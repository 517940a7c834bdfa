-- ===== src/Launch/Success.antt =====
-- A start of an enabled and valid definition succeeds.
use mathlib.Core.List.{append_assoc, append-nil}
use automation_platform.Base.{
  ℕ, ◌≡◌, refl, true, not, none, some, List, [], ◌∷◌, ◌++◌, map, arith, sym, ap, ◌∙◌, inl, inr,
  subst, Option-cases, Bool-cases, ◌==◌,
}
use automation_platform.Domain.{
  Uuid, Time, TaskDefinition, WorkflowDefinition, TaskExecution, WorkflowExecution,
}
use automation_platform.Errors.{
  ok, raised, integrity_error, workflow_definition_disabled, raise_if, ◌>>=◌, ◌>>◌,
}
use automation_platform.Table.{
  fits_integer, find, find-append, find-ne-none-In, find_of_In, key-find, In, UniqueKeys,
}
use automation_platform.Executions.{TaskRow, Store, task, workflow, task_key}
use automation_platform.Launch.{
  prepare_start, create_workflow_execution, create_child_task_lookup, new_ids, new_executions,
  fits_columns, insert_tasks, create, task_to_model, workflow_to_model,
}
use automation_platform.Launch.Lookup.{Dict, lookup}
use automation_platform.Launch.Rows.{Executions, new_executions_lem}
use automation_platform.Launch.Storage.{Free}
use automation_platform.Launch.Start.{launched_workflow, outcome, build}
use automation_platform.Launch.Ids.{Separates, lookup-item, new_ids_lem}
use automation_platform.Launch.Children.{definition_key}
use automation_platform.Launch.Tables.{FitColumns, AreFresh, Added, Added-find}
use automation_platform.Launch.Total.{
  Closed, definition_ids, HasAll, has-new_ids, create_child_task_lookup_total, new_executions_total,
}

insert_tasks_total :
    (rows ts : List TaskRow)
    → ((r : TaskRow) → In r rows → fits_columns r ≡ true)
    → Free rows ts
    → insert_tasks rows ts ≡ ok (ts ++ rows)
unfolding insert_tasks
insert_tasks_total [] ts fit f = ap ok (sym (append-nil ts))
insert_tasks_total (r ∷ rows) ts fit (e, f) =
    rw (fit r (inl refl), e) (insert_tasks_total rows (ts ++ r ∷ []) (λ x i. fit x (inr i)) f)
    ∙ ap ok (append_assoc ts (r ∷ []) rows)

-- New keys, all different, are free.
Free-UniqueKeys :
    (rows ts : List TaskRow)
    → ((r : TaskRow) → In r rows → find task_key r.id ts ≡ none)
    → UniqueKeys task_key rows
    → Free rows ts
Free-UniqueKeys [] ts h u = tt
Free-UniqueKeys (r ∷ rows) ts h (u, us) =
    (h r (inl refl), Free-UniqueKeys rows (ts ++ r ∷ []) later us)
  where
    later : (x : TaskRow) → In x rows → find task_key x.id (ts ++ r ∷ []) ≡ none
    later x i = elim (Bool-cases (x.id == r.id)) [
      | inl b ↦
          let e : r.id ≡ x.id = ground arith in
          absurd (find-ne-none-In task_key x rows (subst (λ k. find task_key k rows ≡ none) e u) i)
      | inr b ↦ ground (arith, find-append task_key x.id ts r, h x (inr i))
    ]

module _ (w : Uuid) (ids : Dict Uuid) (kids : Dict (List Uuid)) (sep : Separates ids) where
  -- Executions of different tasks have different ids.
  rows-UniqueKeys :
      (ts : List TaskDefinition) (es : List TaskExecution)
      → UniqueKeys definition_key ts
      → Executions w ids kids ts es
      → UniqueKeys task_key (map task_to_model es)
  rows-UniqueKeys [] [] u x = tt
  rows-UniqueKeys [] (e ∷ es) u x = absurd x
  rows-UniqueKeys (t ∷ ts) [] u x = absurd x
  rows-UniqueKeys (t ∷ ts) (e ∷ es) (u, us) (x, rest) = (
    elim (Option-cases (find task_key e.id (map task_to_model es))) [
      | inl n ↦ n
      | inr (r, h) ↦
          let a : Added w ids kids ts r = Added-find w ids kids ts ts es e.id r (λ t i. i) rest h in
          let same : r.id ≡ e.id = key-find task_key e.id (map task_to_model es) r h in
          let eq : t.id ≡ a.definition.id =
            sep t.id a.definition.id e.id (lookup-item t.id ids e.id x.own)
              (lookup-item a.definition.id ids e.id (a.own ∙ ap ok same)) in
          absurd (
            find-ne-none-In definition_key a.definition ts
              (subst (λ k. find definition_key k ts ≡ none) eq u) a.among)
    ],
    rows-UniqueKeys ts es us rest,
  )

  -- The rows of definitions with such numbers fit into their columns.
  rows-AllFit :
      (ts : List TaskDefinition) (es : List TaskExecution)
      → UniqueKeys definition_key ts
      → FitColumns ts
      → Executions w ids kids ts es
      → (r : TaskRow) → In r (map task_to_model es)
      → fits_columns r ≡ true
  rows-AllFit ts es u fits x r i =
      let unique = rows-UniqueKeys ts es u x in
      let a =
        Added-find w ids kids ts ts es r.id r (λ t i. i) x
          (find_of_In task_key r (map task_to_model es) unique i) in
      let (n, m) = fits a.definition a.among in
      let n' : fits_integer r.remaining_dependencies ≡ true = ap fits_integer a.counter ∙ n in
      let m' : fits_integer r.remaining_tries ≡ true = ap fits_integer a.tries ∙ m in
      rw (n', m') refl

  rows-Free :
      (s : Store) (ts : List TaskDefinition) (es : List TaskExecution)
      → ((a i : Uuid) → lookup a ids ≡ some i → task i s ≡ none)
      → UniqueKeys definition_key ts
      → Executions w ids kids ts es
      → Free (map task_to_model es) s.tasks
  rows-Free s ts es absent u x =
      let unique = rows-UniqueKeys ts es u x in
      Free-UniqueKeys (map task_to_model es) s.tasks
        (λ r i.
          let a =
            Added-find w ids kids ts ts es r.id r (λ t i. i) x
              (find_of_In task_key r (map task_to_model es) unique i) in
          absent a.definition.id r.id (lookup-item a.definition.id ids r.id a.own))
        unique

abbrev extended : WorkflowExecution → Store → List TaskRow → Store
extended w s tasks = record { workflows = s.workflows ++ workflow_to_model w ∷ []; tasks = tasks }

create_total :
    (w : WorkflowExecution) (s : Store)
    → workflow w.id s ≡ none
    → ((r : TaskRow) → In r (map task_to_model w.task_executions) → fits_columns r ≡ true)
    → Free (map task_to_model w.task_executions) s.tasks
    → (s' : Store) × (create w s ≡ ok s')
unfolding create
create_total w s n fit f = (
  extended w s (s.tasks ++ map task_to_model w.task_executions),
  ap
        (λ o. elim o [
          | some _ ↦ raised integrity_error
          | none ↦ insert_tasks (map task_to_model w.task_executions) s.tasks >>= λ tasks.
              ok (extended w s tasks)
        ])
        n
      ∙ ap (λ m. m >>= λ tasks. ok (extended w s tasks))
          (insert_tasks_total (map task_to_model w.task_executions) s.tasks fit f),
)

-- The two lookups and the loop of `_create_workflow_execution`, when none of them raises.
create_workflow_execution_total :
    (w : Uuid) (fresh : ℕ → Uuid) (now : Time) (definition : WorkflowDefinition)
    (kids : Dict (List Uuid)) (r : List TaskExecution × List Uuid)
    → create_child_task_lookup definition.task_definitions
        (new_ids fresh 0 definition.task_definitions [])
      ≡ ok kids
    → new_executions w
        (new_ids fresh 0 definition.task_definitions [])
        kids
        definition.task_definitions
      ≡ ok r
    → create_workflow_execution w fresh now definition
      ≡ ok (launched_workflow w now definition r.0, r.1)
unfolding create_workflow_execution
create_workflow_execution_total w fresh now definition kids r hk hr =
    let ids = new_ids fresh 0 definition.task_definitions [] in
    ap
      (λ m. m >>= λ kids.
        build w now definition (new_executions w ids kids definition.task_definitions))
      hk
    ∙ ap (build w now definition) hr

-- The same for `start_and_commit`.
prepare_start_total :
    (w : Uuid) (fresh : ℕ → Uuid) (now : Time) (definition : WorkflowDefinition) (s s' : Store)
    (x : WorkflowExecution) (roots : List Uuid)
    → definition.enabled ≡ true
    → create_workflow_execution w fresh now definition ≡ ok (x, roots)
    → create x s ≡ ok s'
    → prepare_start w fresh now (some definition) s ≡ ok (s', roots, x.id)
unfolding prepare_start
prepare_start_total w fresh now definition s s' x roots en hx hc =
    ap
      (λ b.
        raise_if (not b) workflow_definition_disabled
        >> (create_workflow_execution w fresh now definition >>= λ built.
            create built.0 s >>= λ t. ok (outcome built t)))
      en
    ∙ ap (λ m. m >>= λ built. create built.0 s >>= λ t. ok (outcome built t)) hx
    ∙ ap (λ m. m >>= λ t. ok (outcome (x, roots) t)) hc

-- A start of an enabled definition succeeds if its task definitions have distinct ids and depend
-- on each other only, their numbers fit into columns of 32 bits, the id of the workflow execution is
-- not taken, and the values of `uuid4()`
-- are distinct and new to the tables.
pub prepare_start_succeeds :
    (w : Uuid) (fresh : ℕ → Uuid) (now : Time) (definition : WorkflowDefinition) (s : Store)
    → definition.enabled ≡ true
    → UniqueKeys definition_key definition.task_definitions
    → Closed definition.task_definitions definition.task_definitions
    → FitColumns definition.task_definitions
    → workflow w s ≡ none
    → AreFresh fresh s
    → (s' : Store) × (roots : List Uuid) × (prepare_start w fresh now (some definition) s
        ≡ ok (s', roots, w))
prepare_start_succeeds w fresh now definition s en u c fits free f =
    let ts = definition.task_definitions in
    let ids = new_ids fresh 0 ts [] in
    let all : HasAll (definition_ids ts) ids = λ k h. has-new_ids fresh 0 ts [] k ∙ rw h refl in
    let (kids, hk, allk) = create_child_task_lookup_total ids ts all c in
    let (r, hr) = new_executions_total w ids kids ts ts all allk c in
    let (x, er) = new_executions_lem w ids kids ts r.0 r.1 hr in
    let (sep, vals) = new_ids_lem fresh f.distinct 0 ts [] (λ a i e. cc) (λ a b i e e'. cc) in
    let absent : (a i : Uuid) → lookup a ids ≡ some i → task i s ≡ none =
      λ a i e. let (m, eq) = vals a i e in rw eq (f.absent m) in
    let (s', hc) =
      create_total (launched_workflow w now definition r.0) s free
        (rows-AllFit w ids kids sep ts r.0 u fits x)
        (rows-Free w ids kids sep s ts r.0 absent u x) in
    (
      s',
      r.1,
      prepare_start_total w fresh now definition s s' (launched_workflow w now definition r.0) r.1
          en (create_workflow_execution_total w fresh now definition kids r hk hr) hc,
    )
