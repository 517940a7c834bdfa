-- ===== src/Definitions/Cycle/Release.antt =====
-- The inner loop of Kahn's algorithm, key by key.
use automation_platform.Base.{
  ℕ, ◌+◌, ◌-◌, ◌≡◌, refl, true, ◌&&◌, ◌||◌, none, some, List, [], ◌∷◌, String, arith, ltb, leb,
  ◌==◌, if◌then◌else◌, inl, inr, sym, ap, ◌∙◌, Bool-cases,
}
use automation_platform.Errors.{ok, raised, key_error, ◌>>=◌}
use automation_platform.Texts.{
  same, same_refl, eq_of_same, has_text, occurrences, TextDict, get_text, text_item, set_text,
  get_text-set_text,
}
use automation_platform.Definitions.Cycle.{release_children}

pub item_of_get :
    {A : Type 0} (k : String) (d : TextDict A) (v : A)
    → get_text k d ≡ some v
    → text_item k d ≡ ok v
item_of_get k d v h = ap (λ o. elim o [ none ↦ raised key_error | some v ↦ ok v ]) h

-- What the inner loop does to the counter of `j`, whose value was `n`, and to the stack.
pub record Released (ks : List String) (j : String) (n : ℕ) (counts' : TextDict ℕ)
    (ready ready' : List String) : Type 0 where
  pub counter : get_text j counts' ≡ some (n - occurrences j ks)
  pub pushed :
      occurrences j ready'
      ≡ occurrences j ready + (if ltb 0 n && leb n (occurrences j ks) then 1 else 0)

-- A counter that is there is there after the write.
still :
    (k : String) (n : ℕ) (counts : TextDict ℕ) (j : String)
    → ((m : ℕ) × (get_text j counts ≡ some m))
    → (m : ℕ) × (get_text j (set_text k (n - 1) counts) ≡ some m)
still k n counts j (m, h) = elim (Bool-cases (same j k)) [
  | inl t ↦ (n - 1, ground (arith, get_text-set_text j k (n - 1) counts))
  | inr f ↦ (m, ground (arith, get_text-set_text j k (n - 1) counts))
]

step :
    (k : String) (ks : List String) (n : ℕ) (counts : TextDict ℕ) (ready : List String) (j : String)
    (m : ℕ) (counts' : TextDict ℕ) (ready' : List String)
    → get_text k counts ≡ some n
    → get_text j counts ≡ some m
    → ((l : ℕ)
        → get_text j (set_text k (n - 1) counts) ≡ some l
        → Released ks j l counts' (if n == 1 then k ∷ ready else ready) ready')
    → Released (k ∷ ks) j m counts' ready ready'
step k ks n counts ready j m counts' ready' hn hm rel = elim (Bool-cases (same j k)) [
  | inl t ↦
      let eq : m ≡ n = equal (eq_of_same j k t) in
      let r = rel (n - 1) (ground (arith, get_text-set_text j k (n - 1) counts)) in
      record {
        counter = r.counter ∙ ap (λ x. some x) (ground arith);
        pushed = r.pushed ∙ ground arith;
      }
  | inr f ↦
      let r = rel m (ground (arith, get_text-set_text j k (n - 1) counts)) in
      record {
        counter = r.counter ∙ ap (λ x. some x) (ground arith);
        pushed = r.pushed ∙ ground arith;
      }
]
  where
    equal : j ≡ k → m ≡ n
    equal e = let q : some m ≡ some n = sym hm ∙ ap (λ x. get_text x counts) e ∙ hn in ground arith

pub release_children_lem :
    (ks : List String) (counts : TextDict ℕ) (ready : List String)
    → ((k : String) → has_text k ks ≡ true → (n : ℕ) × (get_text k counts ≡ some n))
    → (counts' : TextDict ℕ) × (ready' : List String) × (release_children ks counts ready
        ≡ ok (counts', ready'))
      × ((j : String) (n : ℕ) → get_text j counts ≡ some n → Released ks j n counts' ready ready')
      × ((j : String) → has_text j ready' ≡ true → (has_text j ready || has_text j ks) ≡ true)
unfolding release_children
release_children_lem [] counts ready h = (
  counts,
  ready,
  refl,
  λ j n e. record { counter = e ∙ ap (λ x. some x) (omega arith); pushed = ground arith },
  λ j e. ground arith,
)
release_children_lem (k ∷ ks) counts ready h =
    let (n, hn) = h k (let r = same_refl k in ground arith) in
    let c = set_text k (n - 1) counts in
    let r = if n == 1 then k ∷ ready else ready in
    let (c', r', e, rel, sub) =
      release_children_lem ks c r (λ j i. still k n counts j (h j (ground arith))) in
    (
      c',
      r',
      (ap
            (λ m. m >>= λ n.
              release_children ks (set_text k (n - 1) counts) (if n == 1 then k ∷ ready else ready))
            (item_of_get k counts n hn)
          ∙ e),
      λ j m hm. step k ks n counts ready j m c' r' hn hm (rel j),
      λ j i. ground (arith, sub j i),
    )
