-- ===== src/Definitions/Cycle/Children.antt =====
-- The children of a key: each task as often as the key is among its dependencies.
use mathlib.Core.Bool.{false≢true}
use automation_platform.Base.{
  ℕ, ◌+◌, ◌≡◌, refl, true, false, some, List, [], ◌∷◌, ◌++◌, String, ◌⊎◌, arith, if◌then◌else◌, inl,
  inr, sym, ap, ◌∙◌, subst, Bool-cases, map,
}
use automation_platform.Errors.{ok, ◌>>=◌}
use automation_platform.Table.{In}
use automation_platform.Texts.{
  same, same_refl, eq_of_same, has_text, occurrences, TextDict, get_text, set_text,
  get_text-set_text, Distinct,
}
use automation_platform.Definitions.Cycle.{
  CreateTaskDefinition, empty_children, append_key, append_keys,
}
use automation_platform.Definitions.Cycle.Release.{item_of_get}

abbrev pub task_keys : List CreateTaskDefinition → List String
task_keys = map (λ t. t.key)

-- Every dependency of the tasks `ts` is the key of one of the tasks `all`.
abbrev pub Known : List CreateTaskDefinition → List CreateTaskDefinition → Type 0
Known all [] = Unit
Known all (t ∷ ts) =
    ((d : String) → has_text d t.dependencies ≡ true → has_text d (task_keys all) ≡ true)
    × Known all ts

-- How often the tasks `ts` give the key `q` the child `j`.
abbrev pub tally : String → String → List CreateTaskDefinition → ℕ
tally j q [] = 0
tally j q (t ∷ ts) = (if same j t.key then occurrences q t.dependencies else 0) + tally j q ts

abbrev Keys : {A : Type 0} → List String → TextDict A → Type 0
Keys {A} ks d = (k : String) → has_text k ks ≡ true → (v : A) × (get_text k d ≡ some v)

occurrences-snoc :
    (j k : String) (xs : List String)
    → occurrences j (xs ++ k ∷ []) ≡ occurrences j xs + (if same j k then 1 else 0)
occurrences-snoc j k [] = omega arith
occurrences-snoc j k (x ∷ xs) = ground (arith, occurrences-snoc j k xs)

-- The children of each key in the dict before, and in the dict after.
abbrev Grows : TextDict (List String) → TextDict (List String) → (String → String → ℕ) → Type 0
Grows d d' more =
    (q : String) (xs : List String)
    → get_text q d ≡ some xs
    → (ys : List String) × (get_text q d' ≡ some ys)
      × ((j : String) → occurrences j ys ≡ occurrences j xs + more j q)

Keys-set_text :
    {A : Type 0} (ks : List String) (p : String) (v : A) (d : TextDict A)
    → Keys ks d
    → Keys ks (set_text p v d)
Keys-set_text ks p v d h j i = elim (Bool-cases (same j p)) [
  | inl t ↦ (v, ground (arith, get_text-set_text j p v d))
  | inr f ↦ let (w, e) = h j i in (w, ground (arith, get_text-set_text j p v d))
]

Grows-append :
    (k p : String) (d : TextDict (List String)) (kids : List String)
    → get_text p d ≡ some kids
    → Grows d
        (set_text p (kids ++ k ∷ []) d)
        (λ j q. if same q p then (if same j k then 1 else 0) else 0)
Grows-append k p d kids hp q xs hx = elim (Bool-cases (same q p)) [
  | inl t ↦
      let e : some kids ≡ some xs = sym hp ∙ ap (λ x. get_text x d) (sym (eq_of_same q p t)) ∙ hx in
      let eq : kids ≡ xs = cc in
      (
        kids ++ k ∷ [],
        ground (arith, get_text-set_text q p (kids ++ k ∷ []) d),
        λ j. occurrences-snoc j k kids ∙ rw (t, eq) refl,
      )
  | inr f ↦ (xs, ground (arith, get_text-set_text q p (kids ++ k ∷ []) d), λ j. rw f (ground arith))
]

append_key_lem :
    (k : String) (ps : List String) (d : TextDict (List String))
    → Keys ps d
    → (d' : TextDict (List String)) × (append_key k ps d ≡ ok d')
      × Grows d d' (λ j q. if same j k then occurrences q ps else 0)
unfolding append_key
append_key_lem k [] d h = (d, refl, λ q xs e. (xs, e, λ j. ground arith))
append_key_lem k (p ∷ ps) d h =
    let (kids, hp) = h p (let r = same_refl p in ground arith) in
    let e = set_text p (kids ++ k ∷ []) d in
    let keep : Keys ps e = Keys-set_text ps p (kids ++ k ∷ []) d (λ j i. h j (ground arith)) in
    let (d', eq, grow) = append_key_lem k ps e keep in
    (
      d',
      ap (λ m. m >>= λ kids. append_key k ps (set_text p (kids ++ k ∷ []) d))
            (item_of_get p d kids hp)
          ∙ eq,
      λ q xs hx.
          let (zs, hz, ez) = Grows-append k p d kids hp q xs hx in
          let (ys, hy, ey) = grow q zs hz in
          (ys, hy, λ j. let a = ez j in let b = ey j in ground arith),
    )

-- Keys that are there stay there as the dict grows.
Keys-Grows :
    (ks : List String) (d d' : TextDict (List String)) (more : String → String → ℕ)
    → Grows d d' more
    → Keys ks d
    → Keys ks d'
Keys-Grows ks d d' more g h j i = let (xs, e) = h j i in let (ys, hy, _) = g j xs e in (ys, hy)

append_keys_lem :
    (all ts : List CreateTaskDefinition) (d : TextDict (List String))
    → Known all ts
    → Keys (task_keys all) d
    → (d' : TextDict (List String)) × (append_keys ts d ≡ ok d') × Grows d d' (λ j q. tally j q ts)
unfolding append_keys
append_keys_lem all [] d known h = (d, refl, λ q xs e. (xs, e, λ j. ground arith))
append_keys_lem all (t ∷ ts) d (deps, known) h =
    let (d1, e1, g1) = append_key_lem t.key t.dependencies d (λ k i. h k (deps k i)) in
    let (d2, e2, g2) = append_keys_lem all ts d1 known (
      Keys-Grows (task_keys all) d d1
        (λ j q. if same j t.key then occurrences q t.dependencies else 0) g1 h) in
    (
      d2,
      ap (λ m. m >>= append_keys ts) e1 ∙ e2,
      λ q xs hx.
          let (zs, hz, ez) = g1 q xs hx in
          let (ys, hy, ey) = g2 q zs hz in
          (ys, hy, λ j. let a = ez j in let b = ey j in omega arith),
    )

get_text-empty_children :
    (ts : List CreateTaskDefinition) (d : TextDict (List String)) (k : String)
    → ((has_text k (task_keys ts) ≡ true) ⊎ (get_text k d ≡ some []))
    → get_text k (empty_children ts d) ≡ some []
unfolding empty_children
get_text-empty_children [] d k (inl h) = absurd (false≢true h)
get_text-empty_children [] d k (inr h) = h
get_text-empty_children (t ∷ ts) d k h = get_text-empty_children ts (set_text t.key [] d) k (next h)
  where
    next :
        ((has_text k (task_keys (t ∷ ts)) ≡ true) ⊎ (get_text k d ≡ some []))
        → (has_text k (task_keys ts) ≡ true) ⊎ (get_text k (set_text t.key [] d) ≡ some [])
    next h = elim (Bool-cases (same k t.key)) [
      | inl b ↦ inr (ground (arith, get_text-set_text k t.key [] d))
      | inr b ↦ elim h [
        | inl i ↦ inl (ground arith)
        | inr e ↦ inr (ground (arith, get_text-set_text k t.key [] d))
      ]
    ]

pub tally_absent :
    (j q : String) (ts : List CreateTaskDefinition)
    → has_text j (task_keys ts) ≡ false
    → tally j q ts ≡ 0
tally_absent j q [] h = refl
tally_absent j q (t ∷ ts) h = ground (arith, tally_absent j q ts)

-- The key of a listed task is among the keys.
pub has_text-task_keys :
    (t : CreateTaskDefinition) (ts : List CreateTaskDefinition)
    → In t ts
    → has_text t.key (task_keys ts) ≡ true
has_text-task_keys t [] i = absurd i
has_text-task_keys t (x ∷ ts) (inl e) = rw e (let r = same_refl x.key in ground arith)
has_text-task_keys t (x ∷ ts) (inr i) = ground (arith, has_text-task_keys t ts i)

pub tally_unique :
    (q : String) (t : CreateTaskDefinition) (ts : List CreateTaskDefinition)
    → Distinct (task_keys ts)
    → In t ts
    → tally t.key q ts ≡ occurrences q t.dependencies
tally_unique q t [] u i = absurd i
tally_unique q t (x ∷ ts) (n, u) (inl e) =
    let k = ap (λ y. y.key) e in
    let z = tally_absent t.key q ts (subst (λ k. has_text k (task_keys ts) ≡ false) (sym k) n) in
    let r : same t.key x.key ≡ true = subst (λ k. same t.key k ≡ true) k (same_refl t.key) in
    let d = ap (λ y. occurrences q y.dependencies) e in rw r (omega arith)
tally_unique q t (x ∷ ts) (n, u) (inr i) =
    let ih = tally_unique q t ts u i in
    let h = has_text-task_keys t ts i in
    elim (Bool-cases (same t.key x.key)) [
      | inl b ↦
          let bad : has_text t.key (task_keys ts) ≡ false =
            subst (λ k. has_text k (task_keys ts) ≡ false) (sym (eq_of_same t.key x.key b)) n in
          cc
      | inr b ↦ ground arith
    ]

-- The dict of children: under each key, how often each key is there, as `tally` says.
pub children_lem :
    (ts : List CreateTaskDefinition)
    → Known ts ts
    → (children : TextDict (List String)) × (append_keys ts (empty_children ts []) ≡ ok children)
      × ((q : String)
          → has_text q (task_keys ts) ≡ true
          → (kids : List String) × (get_text q children ≡ some kids)
            × ((j : String) → occurrences j kids ≡ tally j q ts))
children_lem ts known =
    let start : (q : String)
        → has_text q (task_keys ts) ≡ true
        → get_text q (empty_children ts []) ≡ some [] =
      λ q i. get_text-empty_children ts [] q (inl i) in
    let (children, e, grow) =
      append_keys_lem ts ts (empty_children ts []) known (λ q i. ([], start q i)) in
    (
      children,
      e,
      λ q i.
          let (kids, hk, n) = grow q [] (start q i) in (kids, hk, λ j. let m = n j in omega arith),
    )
────────────────────
- WHAT IS REQUIRED: Find out how many lines above hold "build". Write only the number.

- SOLUTION FOR THIS PROBLEM: 3